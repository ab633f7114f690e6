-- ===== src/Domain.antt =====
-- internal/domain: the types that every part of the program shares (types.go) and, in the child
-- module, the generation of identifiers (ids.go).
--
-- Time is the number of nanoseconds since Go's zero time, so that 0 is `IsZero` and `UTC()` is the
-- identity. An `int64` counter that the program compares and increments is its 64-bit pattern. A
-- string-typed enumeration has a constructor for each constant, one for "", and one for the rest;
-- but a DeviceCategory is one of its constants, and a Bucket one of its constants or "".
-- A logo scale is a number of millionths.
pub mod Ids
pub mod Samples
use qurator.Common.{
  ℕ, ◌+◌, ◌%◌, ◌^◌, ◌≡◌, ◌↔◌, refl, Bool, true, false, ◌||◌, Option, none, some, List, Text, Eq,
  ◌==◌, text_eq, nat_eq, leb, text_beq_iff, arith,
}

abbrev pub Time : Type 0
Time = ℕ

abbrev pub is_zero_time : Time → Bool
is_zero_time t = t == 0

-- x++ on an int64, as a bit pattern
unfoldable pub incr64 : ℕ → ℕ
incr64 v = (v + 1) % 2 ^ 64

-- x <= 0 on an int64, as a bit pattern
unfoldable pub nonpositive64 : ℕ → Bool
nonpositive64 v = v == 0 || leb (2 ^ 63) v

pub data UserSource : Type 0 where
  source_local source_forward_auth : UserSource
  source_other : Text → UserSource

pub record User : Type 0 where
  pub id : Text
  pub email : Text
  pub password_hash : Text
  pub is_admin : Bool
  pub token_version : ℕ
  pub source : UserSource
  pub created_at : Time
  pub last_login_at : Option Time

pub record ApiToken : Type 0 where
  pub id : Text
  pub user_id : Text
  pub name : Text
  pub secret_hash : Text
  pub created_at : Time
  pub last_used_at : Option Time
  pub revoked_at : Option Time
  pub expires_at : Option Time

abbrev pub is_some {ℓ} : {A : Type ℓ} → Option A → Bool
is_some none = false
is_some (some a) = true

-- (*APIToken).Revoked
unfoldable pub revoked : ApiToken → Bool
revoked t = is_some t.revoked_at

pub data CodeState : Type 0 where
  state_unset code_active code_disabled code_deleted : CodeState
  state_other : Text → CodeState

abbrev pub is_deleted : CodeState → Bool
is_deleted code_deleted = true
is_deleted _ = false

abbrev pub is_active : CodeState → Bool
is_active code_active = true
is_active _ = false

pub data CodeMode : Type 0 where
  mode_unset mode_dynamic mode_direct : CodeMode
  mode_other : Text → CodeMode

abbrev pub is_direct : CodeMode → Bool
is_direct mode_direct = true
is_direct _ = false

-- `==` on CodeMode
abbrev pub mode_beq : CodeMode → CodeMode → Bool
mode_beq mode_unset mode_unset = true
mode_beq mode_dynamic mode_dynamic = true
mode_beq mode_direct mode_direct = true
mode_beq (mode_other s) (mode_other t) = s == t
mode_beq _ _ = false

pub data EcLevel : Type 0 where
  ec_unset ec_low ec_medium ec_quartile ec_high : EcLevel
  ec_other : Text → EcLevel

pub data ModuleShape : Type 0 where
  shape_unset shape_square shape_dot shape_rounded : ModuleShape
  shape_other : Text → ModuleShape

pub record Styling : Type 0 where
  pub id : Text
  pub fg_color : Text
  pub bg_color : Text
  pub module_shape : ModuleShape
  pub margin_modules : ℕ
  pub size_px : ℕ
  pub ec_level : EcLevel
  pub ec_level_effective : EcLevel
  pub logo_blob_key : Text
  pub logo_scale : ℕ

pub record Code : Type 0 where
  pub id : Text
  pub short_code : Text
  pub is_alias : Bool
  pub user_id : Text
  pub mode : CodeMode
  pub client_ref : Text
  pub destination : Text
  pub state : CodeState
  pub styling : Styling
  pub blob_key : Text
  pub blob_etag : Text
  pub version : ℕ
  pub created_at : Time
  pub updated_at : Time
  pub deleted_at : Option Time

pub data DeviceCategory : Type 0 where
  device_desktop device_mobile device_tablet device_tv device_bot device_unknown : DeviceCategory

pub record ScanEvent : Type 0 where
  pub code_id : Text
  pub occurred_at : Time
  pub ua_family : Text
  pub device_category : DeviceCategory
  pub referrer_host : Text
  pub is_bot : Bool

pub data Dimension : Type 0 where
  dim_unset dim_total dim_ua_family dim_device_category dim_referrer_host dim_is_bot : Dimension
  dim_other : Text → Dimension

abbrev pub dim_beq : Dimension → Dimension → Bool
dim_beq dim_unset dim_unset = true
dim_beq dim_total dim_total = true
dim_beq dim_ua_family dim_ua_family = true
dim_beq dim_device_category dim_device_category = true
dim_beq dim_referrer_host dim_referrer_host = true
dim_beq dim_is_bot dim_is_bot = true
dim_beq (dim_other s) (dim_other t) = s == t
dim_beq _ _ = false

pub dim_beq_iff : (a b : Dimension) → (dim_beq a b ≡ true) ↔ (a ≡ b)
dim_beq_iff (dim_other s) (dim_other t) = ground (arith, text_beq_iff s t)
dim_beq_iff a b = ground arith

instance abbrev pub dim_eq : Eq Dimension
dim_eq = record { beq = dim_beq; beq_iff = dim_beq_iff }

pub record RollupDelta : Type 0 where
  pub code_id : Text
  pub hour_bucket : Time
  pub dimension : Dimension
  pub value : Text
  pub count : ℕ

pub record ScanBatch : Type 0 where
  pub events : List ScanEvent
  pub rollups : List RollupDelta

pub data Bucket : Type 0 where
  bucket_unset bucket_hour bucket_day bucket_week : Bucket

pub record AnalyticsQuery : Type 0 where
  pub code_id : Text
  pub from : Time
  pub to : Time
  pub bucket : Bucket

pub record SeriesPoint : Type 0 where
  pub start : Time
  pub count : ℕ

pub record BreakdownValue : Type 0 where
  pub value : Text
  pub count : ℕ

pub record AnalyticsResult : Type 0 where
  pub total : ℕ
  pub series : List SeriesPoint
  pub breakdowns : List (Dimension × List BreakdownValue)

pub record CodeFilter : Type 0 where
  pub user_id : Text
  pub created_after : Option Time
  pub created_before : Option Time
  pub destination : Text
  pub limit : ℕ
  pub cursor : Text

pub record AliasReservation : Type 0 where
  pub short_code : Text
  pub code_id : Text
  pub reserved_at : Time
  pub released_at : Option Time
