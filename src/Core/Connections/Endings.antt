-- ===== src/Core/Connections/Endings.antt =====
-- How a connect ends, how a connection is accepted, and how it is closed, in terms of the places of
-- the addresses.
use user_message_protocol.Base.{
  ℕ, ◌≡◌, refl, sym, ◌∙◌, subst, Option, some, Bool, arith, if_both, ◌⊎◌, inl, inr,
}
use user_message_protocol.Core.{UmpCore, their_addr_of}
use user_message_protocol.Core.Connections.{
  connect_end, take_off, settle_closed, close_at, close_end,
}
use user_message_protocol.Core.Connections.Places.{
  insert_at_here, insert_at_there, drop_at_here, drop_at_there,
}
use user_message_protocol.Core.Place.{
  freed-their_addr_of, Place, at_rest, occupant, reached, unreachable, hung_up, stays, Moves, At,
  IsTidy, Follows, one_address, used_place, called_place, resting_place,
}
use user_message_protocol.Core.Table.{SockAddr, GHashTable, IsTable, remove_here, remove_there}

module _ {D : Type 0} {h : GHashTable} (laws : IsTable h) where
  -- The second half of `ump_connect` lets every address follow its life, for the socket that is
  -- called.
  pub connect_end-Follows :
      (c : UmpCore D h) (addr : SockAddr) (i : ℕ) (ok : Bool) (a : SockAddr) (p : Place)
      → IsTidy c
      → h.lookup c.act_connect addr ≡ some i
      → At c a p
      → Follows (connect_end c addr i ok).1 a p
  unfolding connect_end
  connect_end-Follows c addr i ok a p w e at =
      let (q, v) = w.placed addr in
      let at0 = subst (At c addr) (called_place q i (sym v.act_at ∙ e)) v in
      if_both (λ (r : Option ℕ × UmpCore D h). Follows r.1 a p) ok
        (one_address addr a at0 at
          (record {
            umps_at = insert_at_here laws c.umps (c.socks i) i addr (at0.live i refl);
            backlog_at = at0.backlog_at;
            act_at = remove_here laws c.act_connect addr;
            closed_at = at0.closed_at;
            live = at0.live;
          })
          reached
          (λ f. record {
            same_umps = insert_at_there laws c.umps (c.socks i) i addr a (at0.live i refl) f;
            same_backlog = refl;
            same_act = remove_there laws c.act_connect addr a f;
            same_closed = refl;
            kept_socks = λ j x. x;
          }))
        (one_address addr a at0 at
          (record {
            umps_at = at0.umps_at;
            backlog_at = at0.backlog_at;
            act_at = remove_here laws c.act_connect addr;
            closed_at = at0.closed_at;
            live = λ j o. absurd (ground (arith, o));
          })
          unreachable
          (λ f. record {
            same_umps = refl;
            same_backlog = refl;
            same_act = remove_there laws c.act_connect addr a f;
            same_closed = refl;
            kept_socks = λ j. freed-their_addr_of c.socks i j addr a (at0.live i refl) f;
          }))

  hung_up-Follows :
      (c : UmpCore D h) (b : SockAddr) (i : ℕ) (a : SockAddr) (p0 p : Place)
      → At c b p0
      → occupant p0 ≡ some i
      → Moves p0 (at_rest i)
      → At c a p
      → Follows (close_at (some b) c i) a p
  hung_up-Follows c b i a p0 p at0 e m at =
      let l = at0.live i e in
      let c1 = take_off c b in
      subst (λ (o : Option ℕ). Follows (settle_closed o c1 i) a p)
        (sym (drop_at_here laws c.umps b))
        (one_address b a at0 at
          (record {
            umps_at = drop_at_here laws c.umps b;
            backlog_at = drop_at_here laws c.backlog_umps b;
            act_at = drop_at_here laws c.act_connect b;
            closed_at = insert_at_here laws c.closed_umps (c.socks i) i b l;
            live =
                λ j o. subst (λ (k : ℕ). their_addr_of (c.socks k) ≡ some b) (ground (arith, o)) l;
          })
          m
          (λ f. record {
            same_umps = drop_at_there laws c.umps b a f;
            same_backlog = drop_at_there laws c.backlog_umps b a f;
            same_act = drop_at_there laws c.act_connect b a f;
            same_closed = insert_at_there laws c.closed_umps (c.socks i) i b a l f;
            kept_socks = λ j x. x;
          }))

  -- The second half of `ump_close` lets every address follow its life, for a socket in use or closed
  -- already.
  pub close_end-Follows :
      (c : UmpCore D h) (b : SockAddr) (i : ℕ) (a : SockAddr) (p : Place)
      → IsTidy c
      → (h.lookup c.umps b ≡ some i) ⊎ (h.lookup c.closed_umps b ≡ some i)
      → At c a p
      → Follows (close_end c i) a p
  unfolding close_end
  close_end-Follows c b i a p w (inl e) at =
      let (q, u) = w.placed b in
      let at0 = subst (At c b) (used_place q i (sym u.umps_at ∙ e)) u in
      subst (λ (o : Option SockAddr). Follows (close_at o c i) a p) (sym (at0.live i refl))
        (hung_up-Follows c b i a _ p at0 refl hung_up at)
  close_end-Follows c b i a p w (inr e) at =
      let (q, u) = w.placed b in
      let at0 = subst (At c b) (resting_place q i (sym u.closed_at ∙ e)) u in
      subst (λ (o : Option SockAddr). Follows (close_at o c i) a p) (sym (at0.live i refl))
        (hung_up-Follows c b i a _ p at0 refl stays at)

########

Task requirements = Since only part of the listing is wanted, copy exactly the lines from the one holding "pub last_used_at : Option Time" to the one holding "mode_beq mode_unset mode_unset = true", both included.

Solved exercise =
  pub last_used_at : Option Time
  pub revoked_at : Option Time
  pub expires_at : Option Time

abbrev pub is_some {ℓ} : {A : Type ℓ} → Option A → Bool
is_some none = false
is_some (some a) = true

-- (*APIToken).Revoked
unfoldable pub revoked : ApiToken → Bool
revoked t = is_some t.revoked_at

pub data CodeState : Type 0 where
  state_unset code_active code_disabled code_deleted : CodeState
  state_other : Text → CodeState

abbrev pub is_deleted : CodeState → Bool
is_deleted code_deleted = true
is_deleted _ = false

abbrev pub is_active : CodeState → Bool
is_active code_active = true
is_active _ = false

pub data CodeMode : Type 0 where
  mode_unset mode_dynamic mode_direct : CodeMode
  mode_other : Text → CodeMode

abbrev pub is_direct : CodeMode → Bool
is_direct mode_direct = true
is_direct _ = false

-- `==` on CodeMode
abbrev pub mode_beq : CodeMode → CodeMode → Bool
mode_beq mode_unset mode_unset = true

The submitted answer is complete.